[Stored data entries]
-- ===== src/Patcher.antt =====
-- pkg/admissionctrl/mutator/jsonpatcher/jsonpatcher.go. evanphx/json-patch and the JSON of patch
-- operations are parameters.
use nacp.Common.{ℕ, Bool, ltb, Option, some, List}
use nacp.GoError.{Result, ok, wrapping, ◌>>=◌}
use nacp.Admission.{JobCodec}
use nacp.Http.{Bytes}
use nacp.Value.{Value}

pub record JsonPatch : Type 1 where
  -- `jsonpatch.Patch`, with its number of operations.
  pub Patch : Type 0
  pub size : Patch → ℕ
  pub decode : Bytes → Result Patch
  pub apply : Patch → Bytes → Result Bytes
  -- `json.Marshal` of the operations; a slice that is nil is not written as an empty one.
  pub marshal_ops : Option (List Value) → Result Bytes

module _ {J : Type 0} (C : JobCodec J) (P : JsonPatch) where
  open P use {size, decode, apply, marshal_ops}

  -- `PatchJob`: the patched job, and whether the patch has an operation.
  unfoldable pub patch_job : J → Option (List Value) → Result (J × Bool)
  patch_job job ops = do
    job_json ← wrapping "failed to marshal job" (C.marshal (some job))
    ops_data ← wrapping "failed to marshal patch data" (marshal_ops ops)
    patch ← decode ops_data
    patched_json ← wrapping "failed to apply patch" (apply patch job_json)
    patched ← C.unmarshal patched_json
    ok (patched, ltb 0 (size patch))
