-- ===== src/Remote.antt =====
-- pkg/admissionctrl/remoteutil/remoteutil.go: the client side of webhooks. Transports and their
-- instrumentation are not modelled.
pub mod Laws
pub mod Endpoints
pub mod Projection
use nacp.Common.{
  ℕ, ◌+◌, String, ◌<>◌, Bool, not, ◌&&◌, ◌||◌, Option, none, some, ◌==◌, ltb, leb, length,
  if◌then◌else◌,
}
use nacp.Common.Text.{is_empty, itoa}
use nacp.GoError.{message, Result, ok, err, wrapping, ◌>>=◌}
use nacp.Config.{RequestContext}
use nacp.Http.{Bytes, Headers, set_header, Url, Response, read_all, limit_reader}
use nacp.Value.{Format}

-- `MaxResponseBodyBytes`
abbrev pub max_response_body_bytes : ℕ
max_response_body_bytes = 10485760

-- `ApplyContextHeaders`. "NACP-Client-IP" and "NACP-Accessor-ID" stand in their canonical form.
apply_client_ip : RequestContext → Headers → Headers
apply_client_ip c hs =
    if is_empty c.client_ip
    then hs
    else set_header "Nacp-Client-Ip" c.client_ip (set_header "X-Forwarded-For" c.client_ip hs)

apply_accessor_id : RequestContext → Headers → Headers
apply_accessor_id c hs =
    if is_empty c.accessor_id then hs else set_header "Nacp-Accessor-Id" c.accessor_id hs

unfoldable pub apply_context_headers : Option RequestContext → Headers → Headers
unfolding apply_client_ip apply_accessor_id
apply_context_headers none hs = hs
apply_context_headers (some c) hs = apply_accessor_id c (apply_client_ip c hs)

-- `url.Parse` is a parameter.
module _ (F : Format) (parse_url : String → Result Url) where
  unfoldable pub parse_endpoint : String → Result Url
  parse_endpoint endpoint = parse_url endpoint >>= λ u.
      if (not (u.scheme == "http") && not (u.scheme == "https")) || is_empty u.host
      then err (message ("webhook endpoint must be an absolute HTTP(S) URL: " <> F.quote endpoint))
      else ok u

-- The tests of `DecodeJSONResponse` between the reading and the decoding.
unfoldable pub check_response : Response → Bytes → Result Bytes
check_response resp body =
    if ltb max_response_body_bytes (length body)
    then err (message ("webhook response exceeds " <> itoa max_response_body_bytes <> " bytes"))
    else if ltb resp.status_code 200 || leb 300 resp.status_code
    then err (message ("webhook returned unexpected HTTP status " <> resp.status))
    else ok body

-- `DecodeJSONResponse`, with `json.Unmarshal` into the target as a parameter.
unfoldable pub decode_json_response {ℓ} : {A : Type ℓ} → (Bytes → Result A) → Response → Result A
decode_json_response unmarshal resp =
    wrapping "failed to read webhook response"
      (read_all (limit_reader (max_response_body_bytes + 1) resp.body))
    >>= λ body. check_response resp body >>= λ accepted.
        wrapping "failed to decode webhook response" (unmarshal accepted)
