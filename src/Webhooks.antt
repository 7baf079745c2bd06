-- ===== src/Webhooks.antt =====
-- The exchange that `JsonPatchWebhookMutator.Mutate`, `WebhookMutator.Mutate` and
-- `WebhookValidator.Validate` each begin with, and the collecting of errors that the controllers share.
pub mod Errors
pub mod Told
use nacp.Common.{String, Option, none, some, List, [], ◌∷◌}
use nacp.GoError.{GoError, Multierror, Result, ok, err, ◌>>=◌}
use nacp.Config.{RequestContext}
use nacp.Http.{Bytes, Headers, set_header, OutRequest}
use nacp.Remote.{apply_context_headers, decode_json_response}
use nacp.Payloads.{Input, Web, Ending, fail}

webhook_headers : Option RequestContext → Headers
webhook_headers ctx =
    set_header "Accept" "application/json"
      (set_header "Content-Type" "application/json" (apply_context_headers ctx []))

abbrev reject : Option GoError → Result (Unit {0})
reject none = ok tt
reject (some e) = err e

module _ {J : Type 0} (W : Web J) (method endpoint : String) where
  -- The request: the payload as JSON, with the context in its headers.
  pub webhook_request : Input J → Bytes → OutRequest
  unfolding webhook_headers
  webhook_request input body = record {
    method = method;
    url = endpoint;
    headers = webhook_headers input.context;
    body = body;
  }

  unfoldable pub exchange {ℓ} : {A : Type ℓ} → (Bytes → Result A) → Input J → Result A
  unfolding webhook_request
  exchange unmarshal input = W.marshal_input input >>= λ body.
      reject (W.check_request (webhook_request input body)) >>= λ _.
      W.send (webhook_request input body) >>= decode_json_response unmarshal

-- `return nil, false, nil, err` on the error path.
abbrev pub or_fail {ℓ} : {A : Type ℓ} {J : Type 0} → Result A → (A → Ending J) → Ending J
or_fail (ok a) f = f a
or_fail (err e) f = fail e

module _ (M : Multierror) where
  -- `for … { errs = multierror.Append(errs, …) }`
  unfoldable pub append_each : Option GoError → List GoError → Option GoError
  append_each errs [] = errs
  append_each errs (e ∷ es) = append_each (some (M.append errs (e ∷ []))) es

  -- The same loop, where the variable is never nil.
  unfoldable pub append_onto : GoError → List GoError → GoError
  append_onto errs [] = errs
  append_onto errs (e ∷ es) = append_onto (M.append (some errs) (e ∷ [])) es
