-- ===== src/Mutator/OpaBundle.antt =====
-- pkg/admissionctrl/mutator/opa_bundle_json_patch.go
pub mod Vetoes
pub mod Types
use nacp.Common.Text.{is_empty}
use nacp.Common.{if◌then◌else◌, String, ◌<>◌, Bool, Option, none, some, List, [], ◌∷◌, ◌++◌}
use nacp.GoError.{GoError, message, wrap, Multierror, Result, ok, err, wrapping, ◌>>=◌}
use nacp.Admission.{JobMutator, JobCodec}
use nacp.Payloads.{Input, Ending, fail, refuse, keep, replace, mutate_by}
use nacp.Patcher.{JsonPatch, patch_job}
use nacp.Value.{
  Value, null, str, arr, elements, Fields, index, or_null, as_slice, as_map, as_string, Format,
}
use nacp.Webhooks.{or_fail}

-- `sdk.OPA`: the decision at a path, for an input.
pub record OpaSdkClient (J : Type 0) : Type 0 where
  pub decision : String → Input J → Result Value

module _ (F : Format) where
  -- `policy yielded an invalid … value: %v`
  invalid : String → Value → GoError
  invalid what raw = message ("policy yielded an invalid " <> what <> " value: " <> F.verb_v raw)

  -- The loop of `parseDecisionErrors`.
  parse_errors : Multierror → Option GoError → List Value → Option GoError
  parse_errors M result [] = result
  parse_errors M result (null ∷ vs) = parse_errors M result vs
  parse_errors M result (str s ∷ vs) = parse_errors M (some (M.append result (message s ∷ []))) vs
  parse_errors M result (v ∷ vs) = some (invalid "error entry" v)

  unfoldable pub parse_decision_errors : Multierror → Value → Option GoError
  unfolding parse_errors invalid
  parse_decision_errors M null = none
  parse_decision_errors M (arr vs) = parse_errors M none (elements vs)
  parse_decision_errors M raw = some (invalid "errors" raw)

  -- The loop of `parseDecisionWarnings`: the warnings so far come back with an error too.
  parse_warnings : List GoError → List Value → List GoError × Option GoError
  parse_warnings warnings [] = (warnings, none)
  parse_warnings warnings (null ∷ vs) = parse_warnings warnings vs
  parse_warnings warnings (str s ∷ vs) = parse_warnings (warnings ++ message s ∷ []) vs
  parse_warnings warnings (v ∷ vs) = (warnings, some (invalid "warning entry" v))

  unfoldable pub parse_decision_warnings : Value → List GoError × Option GoError
  unfolding parse_warnings invalid
  parse_decision_warnings null = ([], none)
  parse_decision_warnings (arr vs) = parse_warnings [] (elements vs)
  parse_decision_warnings raw = ([], some (invalid "warnings" raw))

  module _ {J : Type 0} (C : JobCodec J) (P : JsonPatch) where
    unfoldable pub apply_decision_patch : J → Value → Result (J × Bool)
    unfolding invalid
    apply_decision_patch job (arr operations) =
        wrapping "policy yielded patch failed" (patch_job C P job (some (elements operations)))
    apply_decision_patch job raw = err (invalid "patch" raw)

module _ {J : Type 0} (M : Multierror) (F : Format) (C : JobCodec J) (P : JsonPatch)
    (name path : String) (opa : OpaSdkClient J) where
  -- The patch of the decision: nothing to do if there is none.
  apply_patch : Input J → List GoError → Value → Ending J
  apply_patch input warnings null = keep warnings
  apply_patch input warnings patch = elim (apply_decision_patch F C P input.job patch) [
    | ok (job, mutated) ↦ replace job mutated warnings
    | err e ↦ refuse warnings e
  ]

  -- The decision's errors, then its warnings, then its patch.
  judge_decision : Input J → Fields → Ending J
  unfolding apply_patch
  judge_decision input result = elim (parse_decision_errors F M (or_null (index "errors" result))) [
    | some e ↦ fail e
    | none ↦
        let (warnings, invalid) = parse_decision_warnings F (or_null (index "warnings" result)) in
        elim invalid [
          | some e ↦ refuse warnings e
          | none ↦ apply_patch input warnings (or_null (index "patch" result))
        ]
  ]

  pub evaluate : Input J → Ending J
  unfolding judge_decision invalid
  evaluate input =
      or_fail (wrapping "failed to perform policy decision" (opa.decision path input)) λ result.
        elim (as_map result) [
          | none ↦ fail (invalid F "decision" result)
          | some fields ↦ judge_decision input fields
        ]

  -- `OpaBundleMutator`
  abbrev pub opa_bundle_mutator : JobMutator J
  opa_bundle_mutator = record { name = name; mutate = mutate_by evaluate }

-- The tests of `NewOpaBundleMutator` and of `NewOpaBundleValidator`.
abbrev pub check_bundle : {J : Type 0} → Option (OpaSdkClient J) → String → Result (OpaSdkClient J)
check_bundle none path = err (message "OPA SDK is required")
check_bundle (some sdk) path =
    if is_empty path then err (message "OPA decision path is required") else ok sdk

-- `NewOpaBundleMutator`
abbrev pub new_opa_bundle_mutator :
    {J : Type 0}
    → Multierror
    → Format
    → JobCodec J
    → JsonPatch
    → String
    → String
    → Option (OpaSdkClient J)
    → Result (JobMutator J)
new_opa_bundle_mutator M F C P name path sdk =
    check_bundle sdk path >>= λ opa. ok (opa_bundle_mutator M F C P name path opa)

To do =
Give only the count of lines in the data that include the string "JobCodec".

Result for this task =
6